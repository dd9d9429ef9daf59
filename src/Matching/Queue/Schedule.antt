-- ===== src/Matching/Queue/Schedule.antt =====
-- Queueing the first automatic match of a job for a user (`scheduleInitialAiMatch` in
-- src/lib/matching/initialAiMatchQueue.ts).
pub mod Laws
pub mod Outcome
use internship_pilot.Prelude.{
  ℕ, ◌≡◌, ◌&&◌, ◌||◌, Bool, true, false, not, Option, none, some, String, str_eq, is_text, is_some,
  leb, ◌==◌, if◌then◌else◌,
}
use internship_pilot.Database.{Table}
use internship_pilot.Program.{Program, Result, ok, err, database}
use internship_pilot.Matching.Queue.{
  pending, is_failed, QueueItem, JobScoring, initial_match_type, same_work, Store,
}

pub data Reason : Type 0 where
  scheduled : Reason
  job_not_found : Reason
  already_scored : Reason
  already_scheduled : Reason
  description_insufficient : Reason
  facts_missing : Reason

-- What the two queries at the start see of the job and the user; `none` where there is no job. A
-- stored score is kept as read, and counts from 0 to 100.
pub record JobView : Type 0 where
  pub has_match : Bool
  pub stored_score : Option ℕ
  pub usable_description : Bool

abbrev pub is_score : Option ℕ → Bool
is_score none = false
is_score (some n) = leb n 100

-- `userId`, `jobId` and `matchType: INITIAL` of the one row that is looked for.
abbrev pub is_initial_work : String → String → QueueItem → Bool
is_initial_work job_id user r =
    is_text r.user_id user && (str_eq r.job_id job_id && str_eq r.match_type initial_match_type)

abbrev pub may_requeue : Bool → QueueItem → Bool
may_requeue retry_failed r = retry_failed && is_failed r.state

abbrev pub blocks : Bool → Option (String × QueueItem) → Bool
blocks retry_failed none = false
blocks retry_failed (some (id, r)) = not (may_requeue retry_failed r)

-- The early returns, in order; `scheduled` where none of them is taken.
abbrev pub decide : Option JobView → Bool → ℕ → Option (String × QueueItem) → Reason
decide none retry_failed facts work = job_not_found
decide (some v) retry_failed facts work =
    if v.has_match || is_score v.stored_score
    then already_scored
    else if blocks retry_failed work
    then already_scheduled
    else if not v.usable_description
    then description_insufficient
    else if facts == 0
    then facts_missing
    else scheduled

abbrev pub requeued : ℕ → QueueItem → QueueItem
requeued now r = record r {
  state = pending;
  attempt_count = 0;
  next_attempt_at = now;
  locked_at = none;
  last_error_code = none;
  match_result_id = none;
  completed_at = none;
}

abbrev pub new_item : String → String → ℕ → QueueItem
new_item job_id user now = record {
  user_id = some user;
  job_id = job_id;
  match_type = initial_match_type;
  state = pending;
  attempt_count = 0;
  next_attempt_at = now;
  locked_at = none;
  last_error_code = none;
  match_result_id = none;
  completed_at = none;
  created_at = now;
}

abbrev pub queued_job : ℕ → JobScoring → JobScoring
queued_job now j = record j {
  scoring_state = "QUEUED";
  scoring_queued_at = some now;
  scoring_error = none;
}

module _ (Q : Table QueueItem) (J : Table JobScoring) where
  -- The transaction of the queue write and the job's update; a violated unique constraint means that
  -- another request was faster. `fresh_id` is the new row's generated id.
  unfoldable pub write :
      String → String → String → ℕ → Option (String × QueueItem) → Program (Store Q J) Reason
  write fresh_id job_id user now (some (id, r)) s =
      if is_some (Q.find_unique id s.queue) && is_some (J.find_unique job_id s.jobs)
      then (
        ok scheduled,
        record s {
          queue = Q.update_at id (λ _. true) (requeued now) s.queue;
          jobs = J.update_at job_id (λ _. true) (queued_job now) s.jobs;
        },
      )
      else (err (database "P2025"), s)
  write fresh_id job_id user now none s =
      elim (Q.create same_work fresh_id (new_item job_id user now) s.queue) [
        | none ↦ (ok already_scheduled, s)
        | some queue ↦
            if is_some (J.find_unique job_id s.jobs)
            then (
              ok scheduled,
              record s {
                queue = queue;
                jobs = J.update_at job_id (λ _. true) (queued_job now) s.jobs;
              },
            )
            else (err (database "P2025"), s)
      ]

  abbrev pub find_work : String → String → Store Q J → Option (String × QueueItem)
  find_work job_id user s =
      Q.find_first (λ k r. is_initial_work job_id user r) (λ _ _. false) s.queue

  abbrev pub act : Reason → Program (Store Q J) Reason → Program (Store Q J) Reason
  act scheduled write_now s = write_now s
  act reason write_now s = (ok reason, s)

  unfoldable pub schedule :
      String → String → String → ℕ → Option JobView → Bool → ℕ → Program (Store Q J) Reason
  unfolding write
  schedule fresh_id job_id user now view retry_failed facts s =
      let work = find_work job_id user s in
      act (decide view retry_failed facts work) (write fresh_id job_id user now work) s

☆ ☆ ☆ ☆ ☆ ☆ ☆

The full listing needs to be transcribed exactly.

> _Task response_:
repository dd9d9429ef9daf59
filename src/Matching/Queue/Schedule.antt
-- ===== src/Matching/Queue/Schedule.antt =====
-- Queueing the first automatic match of a job for a user (`scheduleInitialAiMatch` in
-- src/lib/matching/initialAiMatchQueue.ts).
pub mod Laws
pub mod Outcome
use internship_pilot.Prelude.{
  ℕ, ◌≡◌, ◌&&◌, ◌||◌, Bool, true, false, not, Option, none, some, String, str_eq, is_text, is_some,
  leb, ◌==◌, if◌then◌else◌,
}
use internship_pilot.Database.{Table}
use internship_pilot.Program.{Program, Result, ok, err, database}
use internship_pilot.Matching.Queue.{
  pending, is_failed, QueueItem, JobScoring, initial_match_type, same_work, Store,
}

pub data Reason : Type 0 where
  scheduled : Reason
  job_not_found : Reason
  already_scored : Reason
  already_scheduled : Reason
  description_insufficient : Reason
  facts_missing : Reason

-- What the two queries at the start see of the job and the user; `none` where there is no job. A
-- stored score is kept as read, and counts from 0 to 100.
pub record JobView : Type 0 where
  pub has_match : Bool
  pub stored_score : Option ℕ
  pub usable_description : Bool

abbrev pub is_score : Option ℕ → Bool
is_score none = false
is_score (some n) = leb n 100

-- `userId`, `jobId` and `matchType: INITIAL` of the one row that is looked for.
abbrev pub is_initial_work : String → String → QueueItem → Bool
is_initial_work job_id user r =
    is_text r.user_id user && (str_eq r.job_id job_id && str_eq r.match_type initial_match_type)

abbrev pub may_requeue : Bool → QueueItem → Bool
may_requeue retry_failed r = retry_failed && is_failed r.state

abbrev pub blocks : Bool → Option (String × QueueItem) → Bool
blocks retry_failed none = false
blocks retry_failed (some (id, r)) = not (may_requeue retry_failed r)

-- The early returns, in order; `scheduled` where none of them is taken.
abbrev pub decide : Option JobView → Bool → ℕ → Option (String × QueueItem) → Reason
decide none retry_failed facts work = job_not_found
decide (some v) retry_failed facts work =
    if v.has_match || is_score v.stored_score
    then already_scored
    else if blocks retry_failed work
    then already_scheduled
    else if not v.usable_description
    then description_insufficient
    else if facts == 0
    then facts_missing
    else scheduled

abbrev pub requeued : ℕ → QueueItem → QueueItem
requeued now r = record r {
  state = pending;
  attempt_count = 0;
  next_attempt_at = now;
  locked_at = none;
  last_error_code = none;
  match_result_id = none;
  completed_at = none;
}

abbrev pub new_item : String → String → ℕ → QueueItem
new_item job_id user now = record {
  user_id = some user;
  job_id = job_id;
  match_type = initial_match_type;
  state = pending;
  attempt_count = 0;
  next_attempt_at = now;
  locked_at = none;
  last_error_code = none;
  match_result_id = none;
  completed_at = none;
  created_at = now;
}

abbrev pub queued_job : ℕ → JobScoring → JobScoring
queued_job now j = record j {
  scoring_state = "QUEUED";
  scoring_queued_at = some now;
  scoring_error = none;
}

module _ (Q : Table QueueItem) (J : Table JobScoring) where
  -- The transaction of the queue write and the job's update; a violated unique constraint means that
  -- another request was faster. `fresh_id` is the new row's generated id.
  unfoldable pub write :
      String → String → String → ℕ → Option (String × QueueItem) → Program (Store Q J) Reason
  write fresh_id job_id user now (some (id, r)) s =
      if is_some (Q.find_unique id s.queue) && is_some (J.find_unique job_id s.jobs)
      then (
        ok scheduled,
        record s {
          queue = Q.update_at id (λ _. true) (requeued now) s.queue;
          jobs = J.update_at job_id (λ _. true) (queued_job now) s.jobs;
        },
      )
      else (err (database "P2025"), s)
  write fresh_id job_id user now none s =
      elim (Q.create same_work fresh_id (new_item job_id user now) s.queue) [
        | none ↦ (ok already_scheduled, s)
        | some queue ↦
            if is_some (J.find_unique job_id s.jobs)
            then (
              ok scheduled,
              record s {
                queue = queue;
                jobs = J.update_at job_id (λ _. true) (queued_job now) s.jobs;
              },
            )
            else (err (database "P2025"), s)
      ]

  abbrev pub find_work : String → String → Store Q J → Option (String × QueueItem)
  find_work job_id user s =
      Q.find_first (λ k r. is_initial_work job_id user r) (λ _ _. false) s.queue

  abbrev pub act : Reason → Program (Store Q J) Reason → Program (Store Q J) Reason
  act scheduled write_now s = write_now s
  act reason write_now s = (ok reason, s)

  unfoldable pub schedule :
      String → String → String → ℕ → Option JobView → Bool → ℕ → Program (Store Q J) Reason
  unfolding write
  schedule fresh_id job_id user now view retry_failed facts s =
      let work = find_work job_id user s in
      act (decide view retry_failed facts work) (write fresh_id job_id user now work) s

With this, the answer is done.